Meta's new AI chat sucks at coding
Yesterday, Zuck got on stage to announce Meta's ChatGPT killer, Llama 3, apparently making this bold claim:
Meta says that Llama 3 outperforms competing models of its class on key benchmarks and that it's better across the board at tasks like coding
Coding? You sure about that?
I've been pairing with ChatGPT (using GPT-4) every day for the last few months and it is demonstrably terrible 80% of the time, but 20% of the time it saves me an hour of headaches, so I put up with it anyway. Nevertheless, my experience with Llama 2 was so miserable, I figured Zuck's claim about Llama 3 outperforming GPT-4 was bullshit, so I put it to the test this morning.
TLDR: I asked three questions and Llama 3 whiffed. Badly.
Question 1
Here's the first question I asked, pondering a less messy way to generate URL paths (secretly knowing how hard this is, given that Rails models and controllers are intentionally decoupled):
Llama is confidently hallucinating here. Its recommendation of calling
url_helpers.route_for(model, :edit)
doesn't work, because that's not what the
method is
for.
To be fair, that's a pretty understandable hallucination, given that it clearly wants to fire back an authoritative answer to a question that (in reality) lacks a clear answer. And there's indeed a method that's kinda-sorta related to the task.
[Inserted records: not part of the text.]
-- ===== src/Samples/Instance.antt =====
-- The theorems on the RDS provider, at a service with one instance and at one with none.
use componator_aws_providers.Prelude.{
  false, String, ◌≡◌, refl, ap, ◌∙◌, ◌↔◌, ◌||◌, true, Option, none, some, List, [], ◌∷◌, ◌==◌,
  arith, eq_iff,
}
use componator_aws_providers.Prelude.Int.{pos}
use componator_aws_providers.Go.{Exception, SdkError, sdk, wrapf, as_sdk}
use componator_aws_providers.Go.Flow.{ok}
use componator_aws_providers.Aws.{to_string}
use componator_aws_providers.Prelude.Texts.{mem}
use componator_aws_providers.Toolkit.{action_status, check_status}
use componator_aws_providers.Rds.Conversion.{string_value}
use componator_aws_providers.Rds.Status
use componator_aws_providers.Rds.Config.{RdsConfig, RdsStatus, resolve_spec, fill_defaults}
use componator_aws_providers.Rds.Config.Defaults.{
  IsAcceptable, resolve_spec-IsAcceptable, IsSafe, resolve_spec-IsSafe,
}
use componator_aws_providers.Rds.Client.{MasterUserSecret, DbInstance, RdsClient}
use componator_aws_providers.Rds.Errors.{is_instance_already_being_deleted_error}
use componator_aws_providers.Rds.Errors.Search.{SaysBeingDeleted, already_being_deleted_iff}
use componator_aws_providers.Rds.Calls.{get_instance_data}
use componator_aws_providers.Rds.Calls.{create_input}
use componator_aws_providers.Rds.Calls.Requests.{IsSafeRequest, create_input-IsSafeRequest}
use componator_aws_providers.Rds.Operations.{
  apply_action, applied_by_status, check_applied, delete_action, check_deleted,
}
use componator_aws_providers.Rds.Operations.Answers.{IsNamed, NamesSecrets, KeepsSecret}
use componator_aws_providers.Rds.Operations.Secret.{handlers-KeepsSecret}
use componator_aws_providers.Rds.Operations.Ignored.{with_others, apply_action_ignores}
use componator_aws_providers.Rds.Health.{check_health}
use componator_aws_providers.Rds.Health.Agreement.{
  is_complete, is_healthy, check_health-check_applied, HasReason, broken_reason,
}

abbrev instance_sample : DbInstance
instance_sample = record {
  db_instance_status = some "modifying";
  db_instance_arn = some "arn:db";
  endpoint = none;
  availability_zone = none;
  master_user_secret = some (record { secret_arn = some "arn:secret" });
}

abbrev service : List DbInstance → RdsClient (Unit {0})
service instances = record {
  describe_db_instances = λ id w. (ok instances, w);
  create_db_instance = λ c w. (ok instance_sample, w);
  modify_db_instance = λ c w. (ok (some instance_sample), w);
  delete_db_instance = λ c w. (ok (some instance_sample), w);
}

abbrev pub running : RdsClient (Unit {0})
running = service (instance_sample ∷ [])

abbrev arn_of : Option MasterUserSecret → Option String
arn_of none = none
arn_of (some s) = s.secret_arn

sample-IsNamed : IsNamed instance_sample
sample-IsNamed s h e = ground (arith, (eq_iff "arn:secret" "").1 (ap to_string (ap arn_of h ∙ e)))

pub running-NamesSecrets : NamesSecrets running
running-NamesSecrets = record {
  described =
      λ id w is h. let same : (instance_sample ∷ []) ≡ is = cc in rw (← same) (sample-IsNamed, tt);
  created = λ c w i h. let same : instance_sample ≡ i = cc in rw (← same) sample-IsNamed;
  modified = λ c w i h. let same : some instance_sample ≡ i = cc in rw (← same) sample-IsNamed;
  deleted = λ c w i h. let same : some instance_sample ≡ i = cc in rw (← same) sample-IsNamed;
}

abbrev pub spec : RdsConfig
spec = record {
  instance_id = "db";
  database_engine = "postgres";
  engine_version = "15";
  instance_class = "small";
  database_name = "data";
  allocated_storage = pos 20;
  storage_type = "";
  storage_encrypted = none;
  kms_key_id = "";
  master_username = "owner";
  manage_master_user_password = none;
  master_user_secret_kms_key_id = "";
  vpc_security_group_ids = [];
  subnet_group_name = "";
  publicly_accessible = some true;
  port = none;
  backup_retention_period = none;
  preferred_backup_window = "";
  preferred_maintenance_window = "";
  auto_minor_version_upgrade = none;
  multi_az = none;
  performance_insights_enabled = none;
  monitoring_interval = none;
  deletion_protection = none;
  skip_final_snapshot = none;
  final_db_snapshot_identifier = "last";
}

abbrev pub status_of : String → RdsStatus
status_of s = record {
  instance_status = s;
  instance_arn = "";
  endpoint = "";
  port = pos 0;
  availability_zone = "";
  master_user_secret_arn = "arn:old";
}

handlers-KeepsSecret_example :
    KeepsSecret (status_of "") (action_status (apply_action [] running spec (status_of "") tt).0)
    × KeepsSecret (status_of "") (check_status (check_applied [] running spec (status_of "") tt).0)
    × KeepsSecret (status_of "") (action_status (delete_action [] running spec (status_of "") tt).0)
    × KeepsSecret (status_of "") (check_status (check_deleted [] running spec (status_of "") tt).0)
handlers-KeepsSecret_example =
    handlers-KeepsSecret [] running running-NamesSecrets spec (status_of "") tt

resolve_spec-IsAcceptable_example :
    (resolve_spec spec ≡ ok (fill_defaults spec))
    ↔ (IsAcceptable spec × (fill_defaults spec ≡ fill_defaults spec))
resolve_spec-IsAcceptable_example = resolve_spec-IsAcceptable spec (fill_defaults spec)

resolve_spec-IsSafe_example : IsSafe spec (fill_defaults spec)
unfolding resolve_spec
resolve_spec-IsSafe_example = resolve_spec-IsSafe spec (fill_defaults spec) refl

check_health-check_applied_example :
    (is_healthy (check_health [] running spec tt).0 ≡ (
      is_complete (check_applied [] running spec (status_of "") tt).0
      || string_value instance_sample.db_instance_status == Status.modifying))
    × ((check_health [] running spec tt).1 ≡ (check_applied [] running spec (status_of "") tt).1)
unfolding get_instance_data
check_health-check_applied_example =
    check_health-check_applied [] running spec (status_of "") instance_sample tt refl

broken_reason_example : HasReason [] running "db" "stopped"
unfolding applied_by_status mem
broken_reason_example = broken_reason [] running "db" (status_of "stopped") refl

abbrev going : SdkError
going = record {
  exception = Exception.invalid_db_instance_state;
  message = "Instance db is Already Being Deleted.";
  code = "";
}

already_being_deleted_iff_example :
    (is_instance_already_being_deleted_error (some (wrapf "%w" [] (sdk going))) ≡ true)
    ↔ ((x : SdkError) × (as_sdk (wrapf "%w" [] (sdk going)) ≡ some x) × SaysBeingDeleted x)
already_being_deleted_iff_example = already_being_deleted_iff (wrapf "%w" [] (sdk going))

create_input-IsSafeRequest_example : IsSafeRequest spec (create_input (fill_defaults spec))
unfolding resolve_spec
create_input-IsSafeRequest_example = create_input-IsSafeRequest spec (fill_defaults spec) refl

apply_action_ignores_example :
    apply_action [] running
      (with_others spec (some false) ("sg" ∷ []) none "gp3" none none)
      (status_of "")
      tt
    ≡ apply_action [] running spec (status_of "") tt
unfolding get_instance_data
apply_action_ignores_example =
    apply_action_ignores [] running spec (some false) ("sg" ∷ []) none "gp3" none none
      (status_of "") instance_sample tt refl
When I asked GPT-4, I got a much more plausible answer:
This still doesn't work in my case (because the path I was thinking of is unconventionally namespaced), but it has the benefit of existing for the stated purpose and not raising an error when naively invoked.
GPT: 1, Llama: 0
Question 2
Here's the second question I asked:
Of course, deep_freeze
is not a thing. It has been discussed a number of
times in redmine, but never
implemented.
Asking ChatGPT the same thing:
GPT's answer is clearly superior. I wouldn't actually use this code, because it would only work for one layer of nesting and because half a dozen open-source gems exist for this express purpose, but it definitely beats Llama 3.
GPT: 2, Llama: 0
Question 3
Here's my 3rd and final question (because I gave up, because Llama 3 sucks at coding):
This response makes absolutely no sense. The first code suggestion doesn't wrap the string in single quotes, but rather attempts to make the string singular (as in "not plural"). Clearly Llama 3 failed to parse my request.
The second code block is even more egregious, as there is no such sq
method—and even if there were, what would it stand for? "Single quote"? Llama 3
is clearly unaware that there's any difference at all between a single-quoted
string and a singular inflection of a word.
Once again, ChatGPT gave me a better answer:
What I was searching for here was, "is there something like
some_string.inspect
I could call that would wrap the string in single-quotes
instead of double-quotes?" The truth is that there isn't, and GPT-4 respected
the absence of any such API by pointing me to
interpolation instead.
GPT: 3, Llama: 0
Welp!
Clearly, Meta's big chatbot coming out party yesterday was a successful bit of marketing, but it remains to be seen how long it will take for Llama to be useful for even pedestrian coding tasks. I'm mad that I wasted my time even trying it, much less writing this up for you.
I agree with John Gruber that OpenAI lacks a moat, but what they still have is a pretty significant head start in the "server-side large-language model" market. Meta and Google are still clearly playing catch-up there. In the long-term, though, OpenAI really does need to figure out a way to avoid being outflanked by the larger platforms.
In the short term, I suspect Apple is much better positioned to knock the socks off the "client-side large-language model" market, in part because nobody else is really trying. Looking forward to WWDC, I suspect Apple will have a pretty firm "no chatbots" rule—both for their internal apps as well as for third-party apps that take advantage of any new client-side LLM-based APIs. I bet Apple's going to try to force app developers to use these technologies in much more context-rich ways that enhance real application features, instead of each lazily creating chat windows that will only set users up for disappointment and frustration.